HOŞGELDİNİZ

Merhaba,
Sayfama hoşgeldiniz.
Merak edip bir uğradığınız için teşekkür ederim.
"Yok, sadece uğramadım, abonesiyim" diyorsanız ona daha çok teşekkür ederim:)
İnternet dünyasında benim de bir yerim olsun istedim.
Ben burda sadece çok beğendiğim dokümanları ve çok güldüğüm fıkraları yayınlıyorum. Henüz hiç bir konuda yorum yapmıyorum. Şimdilik...
Genelde kaynak veya yazar mutlaka belirttim. Şayet belirtmemişsem ya çok tedavülde olan bir yazıdır ya da bana aittir. Ortak özelliklerinden biri benim beğenmiş ve fikren yakın bulmuş olmamdır. Bir de derleme amaçlıdır. İstediğimiz zaman ulaşabileceğimiz bir kaynak yaratmak. Yok mu buna benzer kaynaklar? Tabiki var. Bu sayfanın ayrıcalığı bana ait olmasıdır. İlginize teşekkür ederim.
Not1:Şahsıma yorum, eleştiri, tavsiye bildirmek veya doküman göndermek isterseniz saselzeta@gmail.com adresine iletebilirsiniz.
Not2:Ayrıca yazıların altında "yorum" linkleri bulunuyor. İsterseniz yorum da yapabilirsiniz.

01 Ekim 2009

Mutlu Bir Hayat İçin El Kitabı

SAĞLIK:

1. Çok su için.
2. Kahvaltıyı kral, öğle yemeğini prens ve akşam yemeğini de dilenci gibi yiyin.

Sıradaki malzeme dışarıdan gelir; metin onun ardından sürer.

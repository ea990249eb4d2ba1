-- ===== src/TelegramFs/System.antt =====
-- The calls of the module one after the other, from the state in which `telegram_init` leaves it.
pub mod Delivery
use doomsday_kernel_modules.Base.{
  ℕ, zero, suc, ◌<◌, ◌≡◌, refl, ◌∙◌, Bool, true, Bool-cases, inl, inr, Option, none, some, List, [],
  ◌∷◌, length, length-set, length-replicate, get_or, set, get_or-set_self, get_or-set_ne,
  ℕ_discrete, leb, arith, replicate, c_text,
}
use doomsday_kernel_modules.TelegramFs.Kernel.{Kernel}
use doomsday_kernel_modules.TelegramFs.Bus.{bus_message_size, bus_read}
use doomsday_kernel_modules.TelegramFs.Bus.Ring.{IsBus}
use doomsday_kernel_modules.TelegramFs.Bus.Order.{bus_enqueue_outgoing-pending, bus_read-pending}
use doomsday_kernel_modules.TelegramFs.Chat.{
  Chat, Telegram, no_chat, max_chats, msg_buff_size, chat_append, user_text, sender_text,
  chat_write, Command, incoming, bind_chat, parse_command, run_command, perform, bus_write,
}
use doomsday_kernel_modules.TelegramFs.Chat.Text.{IsChat, chat_append-content}
use doomsday_kernel_modules.TelegramFs.Module.{loaded_state}

-- Reads that do not change the state (of chats, polls) are left out.
pub data SystemCall : Type 0 where
  chat_writes : ℕ → List ℕ → Bool → SystemCall
  bus_writes : List ℕ → Bool → SystemCall
  bus_reads : ℕ → Bool → SystemCall

pub record IsTelegram (state : Telegram) : Type 0 where
  pub chat_count : length state.chats ≡ max_chats
  pub chats_ok : (i : ℕ) → i < max_chats → IsChat (get_or state.chats i no_chat)
  pub bus_ok : IsBus state.tg_bus

set_chat-IsTelegram :
    (state : Telegram) (idx : ℕ) (chat : Chat)
    → IsTelegram state
    → (idx < max_chats → IsChat chat)
    → IsTelegram (record state { chats = set state.chats idx chat })
set_chat-IsTelegram state idx chat ok new = record {
  chat_count = length-set state.chats idx chat ∙ ok.chat_count;
  chats_ok = λ i inside. elim (ℕ_discrete i idx) [
    | yes e ↦
        rw (e, get_or-set_self state.chats idx chat no_chat (omega (arith, ok.chat_count)))
          (new (omega arith))
    | no ne ↦ rw (get_or-set_ne state.chats chat no_chat ne) (ok.chats_ok i inside)
  ];
  bus_ok = ok.bus_ok;
}

get_or-replicate : (n i : ℕ) (chat : Chat) → i < n → get_or (replicate n chat) i no_chat ≡ chat
get_or-replicate zero i chat h = elim h [ ]
get_or-replicate (suc n) zero chat h = refl
get_or-replicate (suc n) (suc i) chat h = get_or-replicate n i chat (omega arith)

pub loaded_state-IsTelegram : IsTelegram loaded_state
unfolding loaded_state
loaded_state-IsTelegram = record {
  chat_count = refl;
  chats_ok = λ i inside.
      rw (get_or-replicate max_chats i _ inside)
        record { bytes = length-replicate {A = ℕ} msg_buff_size 0; fits = omega arith };
  bus_ok = record { slots = refl; head_in = omega arith; count_in = omega arith; tail_eq = refl };
}

module _ (kernel : Kernel) where
  abbrev pub step : Telegram → SystemCall → Telegram
  step state (chat_writes idx bytes copied) = (chat_write kernel state idx bytes copied).1
  step state (bus_writes bytes copied) = (bus_write kernel state bytes copied).1
  step state (bus_reads count copied) = record state {
    tg_bus = (bus_read state.tg_bus true count copied []).1;
  }

  abbrev pub after_calls : Telegram → List SystemCall → Telegram
  after_calls state [] = state
  after_calls state (call ∷ calls) = after_calls (step state call) calls

  append-IsTelegram :
      (state : Telegram) (idx : ℕ) (text : List ℕ)
      → IsTelegram state
      → IsTelegram (record state {
        chats = set state.chats idx (chat_append kernel (get_or state.chats idx no_chat) text);
      })
  append-IsTelegram state idx text ok =
      set_chat-IsTelegram state idx _ ok
        (λ inside. (chat_append-content kernel _ text (ok.chats_ok idx inside)).0)

  chat_write-IsTelegram :
      (state : Telegram) (idx : ℕ) (bytes : List ℕ) (copied : Bool)
      → IsTelegram state
      → IsTelegram (chat_write kernel state idx bytes copied).1
  unfolding chat_write
  chat_write-IsTelegram state idx bytes copied ok =
      elim (Bool-cases (leb msg_buff_size (length bytes))) [
        | inl long ↦ rw long ok
        | inr short ↦ elim (Bool-cases copied) [
          | inl fine ↦
              let appended = append-IsTelegram state idx (user_text kernel bytes) ok in
              rw (short, fine)
                record {
                  chat_count = appended.chat_count;
                  chats_ok = appended.chats_ok;
                  bus_ok =
                      (bus_enqueue_outgoing-pending kernel state.tg_bus idx bytes (length bytes)
                        ok.bus_ok).0;
                }
          | inr bad ↦ rw (short, bad) ok
        ]
      ]

  run_command-IsTelegram :
      (state : Telegram) (command : Command)
      → IsTelegram state
      → IsTelegram (run_command kernel state command)
  unfolding run_command
  run_command-IsTelegram state (incoming idx sender msg) ok =
      append-IsTelegram state idx (sender_text kernel sender msg) ok
  run_command-IsTelegram state (bind_chat idx id) ok =
      set_chat-IsTelegram state idx _ ok (λ inside.
        let old = ok.chats_ok idx inside in record { bytes = old.bytes; fits = old.fits })

  perform-IsTelegram :
      (state : Telegram) (count : ℕ) (command : Option Command)
      → IsTelegram state
      → IsTelegram (perform kernel state count command).1
  unfolding perform
  perform-IsTelegram state count none ok = ok
  perform-IsTelegram state count (some command) ok = run_command-IsTelegram state command ok

  bus_write-IsTelegram :
      (state : Telegram) (bytes : List ℕ) (copied : Bool)
      → IsTelegram state
      → IsTelegram (bus_write kernel state bytes copied).1
  unfolding bus_write
  bus_write-IsTelegram state bytes copied ok =
      elim (Bool-cases (leb bus_message_size (length bytes))) [
        | inl long ↦ rw long ok
        | inr short ↦ elim (Bool-cases copied) [
          | inl fine ↦
              rw (short, fine)
                (perform-IsTelegram state (length bytes) (parse_command kernel (c_text bytes)) ok)
          | inr bad ↦ rw (short, bad) ok
        ]
      ]

  pub step-IsTelegram :
      (state : Telegram) (call : SystemCall) → IsTelegram state → IsTelegram (step state call)
  step-IsTelegram state (chat_writes idx bytes copied) ok =
      chat_write-IsTelegram state idx bytes copied ok
  step-IsTelegram state (bus_writes bytes copied) ok = bus_write-IsTelegram state bytes copied ok
  step-IsTelegram state (bus_reads count copied) ok = record {
    chat_count = ok.chat_count;
    chats_ok = ok.chats_ok;
    bus_ok = (bus_read-pending state.tg_bus count copied ok.bus_ok).0;
  }

  after_calls_keep :
      (calls : List SystemCall) (state : Telegram)
      → IsTelegram state
      → IsTelegram (after_calls state calls)
  after_calls_keep [] state ok = ok
  after_calls_keep (call ∷ calls) state ok =
      after_calls_keep calls (step state call) (step-IsTelegram state call ok)

  -- Whatever writes to chats, writes to the bus and reads of the bus follow the loading of the module, there
  -- are ten chats whose texts fit their buffers with the closing zero, and the ring of the bus is in order.
  pub after_calls-IsTelegram :
      (calls : List SystemCall) → IsTelegram (after_calls loaded_state calls)
  after_calls-IsTelegram calls = after_calls_keep calls loaded_state loaded_state-IsTelegram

3. Ağaçlarda ve bitkilerde yetişen yiyecekleri daha çok ve fabrikalarda üretilen yiyecekleri daha az yiyin.
4. 3 E ile yaşayın -- Energy, Enthusiasm, and Empathy (enerji, heyecan ve duygu paylaşımı).
5. Meditasyon, yoga ve dua yapacak zaman yaratın.
6. Daha çok oyun oynayın.
7. 2008'de okuduğunuzdan daha fazla kitap okuyun .
8. Her gün en az 10 dakika sessiz olarak oturun.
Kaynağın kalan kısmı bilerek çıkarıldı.